ENTRIES PROVIDED Start Marker

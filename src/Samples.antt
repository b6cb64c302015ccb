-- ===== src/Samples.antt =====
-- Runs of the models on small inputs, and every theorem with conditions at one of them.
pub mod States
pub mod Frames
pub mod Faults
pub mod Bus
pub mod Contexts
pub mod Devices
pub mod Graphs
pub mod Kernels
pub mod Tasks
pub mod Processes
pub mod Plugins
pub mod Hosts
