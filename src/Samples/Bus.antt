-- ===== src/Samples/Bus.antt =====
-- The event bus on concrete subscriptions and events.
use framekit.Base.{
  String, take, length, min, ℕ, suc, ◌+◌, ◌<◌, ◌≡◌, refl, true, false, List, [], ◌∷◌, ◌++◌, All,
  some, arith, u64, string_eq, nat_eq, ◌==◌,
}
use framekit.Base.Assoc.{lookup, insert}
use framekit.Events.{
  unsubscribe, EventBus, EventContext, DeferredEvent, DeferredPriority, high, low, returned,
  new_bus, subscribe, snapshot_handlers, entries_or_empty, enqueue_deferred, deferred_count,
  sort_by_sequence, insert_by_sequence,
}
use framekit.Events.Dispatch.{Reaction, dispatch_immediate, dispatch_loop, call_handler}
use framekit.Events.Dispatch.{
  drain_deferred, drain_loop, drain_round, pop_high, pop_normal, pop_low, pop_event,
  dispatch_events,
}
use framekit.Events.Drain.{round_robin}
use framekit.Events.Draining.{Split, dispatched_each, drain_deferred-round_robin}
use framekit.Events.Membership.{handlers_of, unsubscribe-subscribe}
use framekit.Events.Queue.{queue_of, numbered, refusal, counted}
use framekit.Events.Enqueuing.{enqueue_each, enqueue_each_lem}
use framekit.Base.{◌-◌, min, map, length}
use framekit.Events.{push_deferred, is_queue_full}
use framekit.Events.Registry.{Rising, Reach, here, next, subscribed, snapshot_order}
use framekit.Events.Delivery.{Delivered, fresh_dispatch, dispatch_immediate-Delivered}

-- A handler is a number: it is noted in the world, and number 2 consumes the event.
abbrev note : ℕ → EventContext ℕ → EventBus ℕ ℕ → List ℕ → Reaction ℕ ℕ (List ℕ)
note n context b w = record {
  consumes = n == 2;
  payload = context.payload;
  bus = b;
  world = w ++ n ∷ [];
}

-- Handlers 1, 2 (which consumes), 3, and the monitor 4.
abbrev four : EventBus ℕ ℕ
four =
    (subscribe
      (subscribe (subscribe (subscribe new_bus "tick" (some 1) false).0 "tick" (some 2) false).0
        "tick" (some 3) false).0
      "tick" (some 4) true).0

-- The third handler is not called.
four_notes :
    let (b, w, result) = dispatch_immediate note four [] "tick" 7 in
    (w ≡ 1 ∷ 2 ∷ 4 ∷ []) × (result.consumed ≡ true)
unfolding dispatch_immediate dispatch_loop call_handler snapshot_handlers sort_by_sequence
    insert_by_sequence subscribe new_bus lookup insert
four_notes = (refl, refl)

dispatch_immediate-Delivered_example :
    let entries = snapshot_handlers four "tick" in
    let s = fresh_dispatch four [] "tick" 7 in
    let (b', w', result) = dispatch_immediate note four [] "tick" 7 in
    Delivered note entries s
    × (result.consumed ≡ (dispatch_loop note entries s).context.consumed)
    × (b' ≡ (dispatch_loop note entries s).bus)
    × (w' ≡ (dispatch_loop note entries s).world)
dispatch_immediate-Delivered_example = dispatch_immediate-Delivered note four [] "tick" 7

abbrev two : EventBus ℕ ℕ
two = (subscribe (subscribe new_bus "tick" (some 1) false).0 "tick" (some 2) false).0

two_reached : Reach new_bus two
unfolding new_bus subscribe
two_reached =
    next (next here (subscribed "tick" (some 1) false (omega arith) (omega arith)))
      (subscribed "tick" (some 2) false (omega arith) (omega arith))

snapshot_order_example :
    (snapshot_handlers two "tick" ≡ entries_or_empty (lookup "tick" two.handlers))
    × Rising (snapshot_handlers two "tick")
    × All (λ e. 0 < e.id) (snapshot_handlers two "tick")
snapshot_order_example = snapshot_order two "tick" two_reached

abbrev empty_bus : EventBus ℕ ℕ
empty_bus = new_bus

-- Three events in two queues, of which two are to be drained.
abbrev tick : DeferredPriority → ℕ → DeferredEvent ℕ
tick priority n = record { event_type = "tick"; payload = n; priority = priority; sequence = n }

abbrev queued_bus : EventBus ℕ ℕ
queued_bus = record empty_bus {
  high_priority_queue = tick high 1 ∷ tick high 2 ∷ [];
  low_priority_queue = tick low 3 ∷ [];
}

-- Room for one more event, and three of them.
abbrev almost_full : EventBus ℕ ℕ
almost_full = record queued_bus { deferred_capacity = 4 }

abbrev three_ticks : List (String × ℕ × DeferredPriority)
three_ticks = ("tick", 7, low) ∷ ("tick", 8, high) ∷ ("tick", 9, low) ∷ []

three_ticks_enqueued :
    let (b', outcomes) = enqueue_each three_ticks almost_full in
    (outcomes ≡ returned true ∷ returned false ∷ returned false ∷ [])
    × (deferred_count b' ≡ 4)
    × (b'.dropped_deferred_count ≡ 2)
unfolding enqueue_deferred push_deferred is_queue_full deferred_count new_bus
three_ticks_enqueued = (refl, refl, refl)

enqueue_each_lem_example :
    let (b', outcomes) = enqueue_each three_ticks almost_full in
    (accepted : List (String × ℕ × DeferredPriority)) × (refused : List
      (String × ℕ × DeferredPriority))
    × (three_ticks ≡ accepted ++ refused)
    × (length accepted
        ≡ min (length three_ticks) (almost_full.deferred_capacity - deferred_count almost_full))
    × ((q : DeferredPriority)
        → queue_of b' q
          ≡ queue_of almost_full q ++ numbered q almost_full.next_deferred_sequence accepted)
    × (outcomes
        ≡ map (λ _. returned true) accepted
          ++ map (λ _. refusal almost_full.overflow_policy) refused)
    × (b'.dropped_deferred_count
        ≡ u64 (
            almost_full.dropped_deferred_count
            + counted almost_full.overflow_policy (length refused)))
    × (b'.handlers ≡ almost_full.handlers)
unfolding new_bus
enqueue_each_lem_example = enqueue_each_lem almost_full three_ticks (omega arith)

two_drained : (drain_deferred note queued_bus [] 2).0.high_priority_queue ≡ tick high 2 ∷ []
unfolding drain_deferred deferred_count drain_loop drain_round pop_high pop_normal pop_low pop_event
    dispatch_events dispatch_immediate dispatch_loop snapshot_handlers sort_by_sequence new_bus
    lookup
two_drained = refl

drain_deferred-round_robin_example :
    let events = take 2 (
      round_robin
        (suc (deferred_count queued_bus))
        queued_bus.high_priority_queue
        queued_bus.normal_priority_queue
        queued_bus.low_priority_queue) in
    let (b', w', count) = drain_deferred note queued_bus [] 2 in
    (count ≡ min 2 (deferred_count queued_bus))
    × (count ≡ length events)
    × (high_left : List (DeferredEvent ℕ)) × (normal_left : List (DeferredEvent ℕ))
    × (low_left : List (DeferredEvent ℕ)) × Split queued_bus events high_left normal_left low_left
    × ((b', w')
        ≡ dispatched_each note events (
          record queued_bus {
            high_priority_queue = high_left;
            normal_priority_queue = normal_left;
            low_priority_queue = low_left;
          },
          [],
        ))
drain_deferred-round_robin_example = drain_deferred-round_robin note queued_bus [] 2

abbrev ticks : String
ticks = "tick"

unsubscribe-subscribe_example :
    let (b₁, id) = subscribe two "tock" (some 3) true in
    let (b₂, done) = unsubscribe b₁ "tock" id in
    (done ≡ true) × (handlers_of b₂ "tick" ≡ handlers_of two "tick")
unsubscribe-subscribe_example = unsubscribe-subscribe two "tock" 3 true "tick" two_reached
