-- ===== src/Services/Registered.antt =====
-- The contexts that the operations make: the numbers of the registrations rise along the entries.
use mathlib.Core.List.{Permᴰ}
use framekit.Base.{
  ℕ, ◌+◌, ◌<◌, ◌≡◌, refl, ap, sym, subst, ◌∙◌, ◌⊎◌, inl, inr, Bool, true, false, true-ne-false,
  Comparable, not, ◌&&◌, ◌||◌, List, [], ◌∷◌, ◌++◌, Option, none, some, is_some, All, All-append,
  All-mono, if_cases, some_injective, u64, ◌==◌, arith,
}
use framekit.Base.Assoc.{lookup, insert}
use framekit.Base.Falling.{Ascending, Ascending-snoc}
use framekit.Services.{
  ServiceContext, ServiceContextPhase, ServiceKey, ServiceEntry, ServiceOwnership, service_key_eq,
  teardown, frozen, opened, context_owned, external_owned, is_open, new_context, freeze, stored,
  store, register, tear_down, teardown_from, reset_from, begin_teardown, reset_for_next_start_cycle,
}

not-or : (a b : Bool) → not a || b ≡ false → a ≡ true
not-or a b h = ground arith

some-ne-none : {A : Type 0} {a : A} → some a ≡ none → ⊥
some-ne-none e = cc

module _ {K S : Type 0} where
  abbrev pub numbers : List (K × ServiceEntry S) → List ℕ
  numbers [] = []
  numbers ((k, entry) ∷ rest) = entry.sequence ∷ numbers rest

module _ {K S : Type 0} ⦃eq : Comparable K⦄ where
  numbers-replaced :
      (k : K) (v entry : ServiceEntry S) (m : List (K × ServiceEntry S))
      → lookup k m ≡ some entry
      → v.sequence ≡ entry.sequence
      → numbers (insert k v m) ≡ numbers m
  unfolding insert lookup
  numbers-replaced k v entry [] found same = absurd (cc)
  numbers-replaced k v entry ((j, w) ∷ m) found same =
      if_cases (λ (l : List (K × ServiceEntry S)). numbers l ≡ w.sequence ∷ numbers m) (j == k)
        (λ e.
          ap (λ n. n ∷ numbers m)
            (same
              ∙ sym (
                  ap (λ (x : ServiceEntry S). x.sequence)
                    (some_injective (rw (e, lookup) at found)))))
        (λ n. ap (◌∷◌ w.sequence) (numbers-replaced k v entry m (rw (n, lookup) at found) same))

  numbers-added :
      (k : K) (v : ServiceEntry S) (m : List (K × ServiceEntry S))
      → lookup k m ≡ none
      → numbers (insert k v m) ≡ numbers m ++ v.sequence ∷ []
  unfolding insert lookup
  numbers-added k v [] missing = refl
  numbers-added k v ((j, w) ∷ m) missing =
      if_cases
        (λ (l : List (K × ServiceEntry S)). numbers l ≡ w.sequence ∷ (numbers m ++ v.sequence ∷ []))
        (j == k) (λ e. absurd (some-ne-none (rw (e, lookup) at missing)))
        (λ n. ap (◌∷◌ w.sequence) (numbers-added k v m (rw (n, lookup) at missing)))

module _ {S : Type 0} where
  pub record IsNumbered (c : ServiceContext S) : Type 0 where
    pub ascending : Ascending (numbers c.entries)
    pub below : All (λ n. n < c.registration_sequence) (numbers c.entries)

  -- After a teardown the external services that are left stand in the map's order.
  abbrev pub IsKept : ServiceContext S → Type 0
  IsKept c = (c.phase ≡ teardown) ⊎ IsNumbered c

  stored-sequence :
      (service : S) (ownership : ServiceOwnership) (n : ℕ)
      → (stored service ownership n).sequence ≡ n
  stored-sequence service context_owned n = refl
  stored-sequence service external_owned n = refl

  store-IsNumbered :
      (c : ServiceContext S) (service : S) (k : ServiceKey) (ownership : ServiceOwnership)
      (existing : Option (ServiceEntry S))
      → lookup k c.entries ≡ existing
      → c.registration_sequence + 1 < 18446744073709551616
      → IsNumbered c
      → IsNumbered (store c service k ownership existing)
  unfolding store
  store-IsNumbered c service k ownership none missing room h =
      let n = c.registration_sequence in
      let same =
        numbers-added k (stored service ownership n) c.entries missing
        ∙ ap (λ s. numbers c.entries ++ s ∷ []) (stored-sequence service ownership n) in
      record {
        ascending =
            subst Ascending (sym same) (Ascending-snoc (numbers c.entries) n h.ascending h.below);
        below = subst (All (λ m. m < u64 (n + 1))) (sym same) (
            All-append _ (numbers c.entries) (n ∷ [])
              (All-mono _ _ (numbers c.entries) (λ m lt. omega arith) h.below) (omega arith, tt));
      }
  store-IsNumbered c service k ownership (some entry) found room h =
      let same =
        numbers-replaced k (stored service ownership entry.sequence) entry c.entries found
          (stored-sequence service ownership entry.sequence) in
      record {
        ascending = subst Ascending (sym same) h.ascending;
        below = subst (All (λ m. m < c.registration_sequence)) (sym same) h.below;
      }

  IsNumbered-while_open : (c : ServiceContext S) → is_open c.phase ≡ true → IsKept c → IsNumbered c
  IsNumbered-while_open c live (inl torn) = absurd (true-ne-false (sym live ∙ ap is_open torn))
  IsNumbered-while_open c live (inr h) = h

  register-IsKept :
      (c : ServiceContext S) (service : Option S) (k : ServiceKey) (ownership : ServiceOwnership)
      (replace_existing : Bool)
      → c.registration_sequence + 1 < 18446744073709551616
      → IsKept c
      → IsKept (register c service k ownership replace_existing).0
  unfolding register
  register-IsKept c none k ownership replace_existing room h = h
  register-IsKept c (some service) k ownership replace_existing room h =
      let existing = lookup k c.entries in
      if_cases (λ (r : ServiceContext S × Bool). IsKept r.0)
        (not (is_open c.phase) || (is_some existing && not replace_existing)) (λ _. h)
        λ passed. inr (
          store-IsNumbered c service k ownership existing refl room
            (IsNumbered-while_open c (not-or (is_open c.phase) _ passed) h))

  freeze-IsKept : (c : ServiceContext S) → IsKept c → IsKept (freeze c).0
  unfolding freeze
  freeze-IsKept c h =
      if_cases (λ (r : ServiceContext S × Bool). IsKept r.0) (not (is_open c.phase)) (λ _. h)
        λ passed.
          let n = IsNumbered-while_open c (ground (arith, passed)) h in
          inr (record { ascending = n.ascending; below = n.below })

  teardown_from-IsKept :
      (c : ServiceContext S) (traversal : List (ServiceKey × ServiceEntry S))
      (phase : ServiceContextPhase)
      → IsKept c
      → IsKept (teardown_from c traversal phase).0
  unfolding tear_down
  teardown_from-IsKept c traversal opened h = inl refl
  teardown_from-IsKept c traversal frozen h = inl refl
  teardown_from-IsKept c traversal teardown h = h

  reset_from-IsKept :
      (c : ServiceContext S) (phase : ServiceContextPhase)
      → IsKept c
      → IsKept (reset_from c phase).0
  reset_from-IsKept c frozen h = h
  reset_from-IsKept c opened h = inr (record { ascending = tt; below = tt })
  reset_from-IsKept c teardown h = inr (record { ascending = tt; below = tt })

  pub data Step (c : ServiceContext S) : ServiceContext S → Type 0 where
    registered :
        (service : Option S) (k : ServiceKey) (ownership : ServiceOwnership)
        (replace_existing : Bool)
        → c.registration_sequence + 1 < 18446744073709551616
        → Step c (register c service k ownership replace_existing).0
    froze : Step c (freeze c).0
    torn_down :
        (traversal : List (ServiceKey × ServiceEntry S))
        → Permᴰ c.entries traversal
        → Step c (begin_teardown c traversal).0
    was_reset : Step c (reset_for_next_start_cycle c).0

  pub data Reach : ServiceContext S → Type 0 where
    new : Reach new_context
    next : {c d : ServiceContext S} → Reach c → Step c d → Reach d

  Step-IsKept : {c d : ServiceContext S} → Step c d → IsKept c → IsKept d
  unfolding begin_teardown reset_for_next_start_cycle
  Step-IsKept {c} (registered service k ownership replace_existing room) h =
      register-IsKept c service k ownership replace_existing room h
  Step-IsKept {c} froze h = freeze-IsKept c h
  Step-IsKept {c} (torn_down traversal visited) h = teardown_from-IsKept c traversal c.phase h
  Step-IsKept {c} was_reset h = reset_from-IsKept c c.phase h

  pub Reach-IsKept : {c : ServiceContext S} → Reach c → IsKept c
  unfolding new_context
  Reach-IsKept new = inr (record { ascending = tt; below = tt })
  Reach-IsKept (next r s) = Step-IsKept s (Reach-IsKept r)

ENTRIES PROVIDED End Marker

### EXERCISE AIM
Beginning with the line containing "refusal almost_full.overflow_policy) refused)" in the material above, copy every line exactly until you have copied the line containing "(b'.handlers ≡ almost_full.handlers)".

### EXPECTED ANSWER
          ++ map (λ _. refusal almost_full.overflow_policy) refused)
    × (b'.dropped_deferred_count
        ≡ u64 (
            almost_full.dropped_deferred_count
            + counted almost_full.overflow_policy (length refused)))
    × (b'.handlers ≡ almost_full.handlers)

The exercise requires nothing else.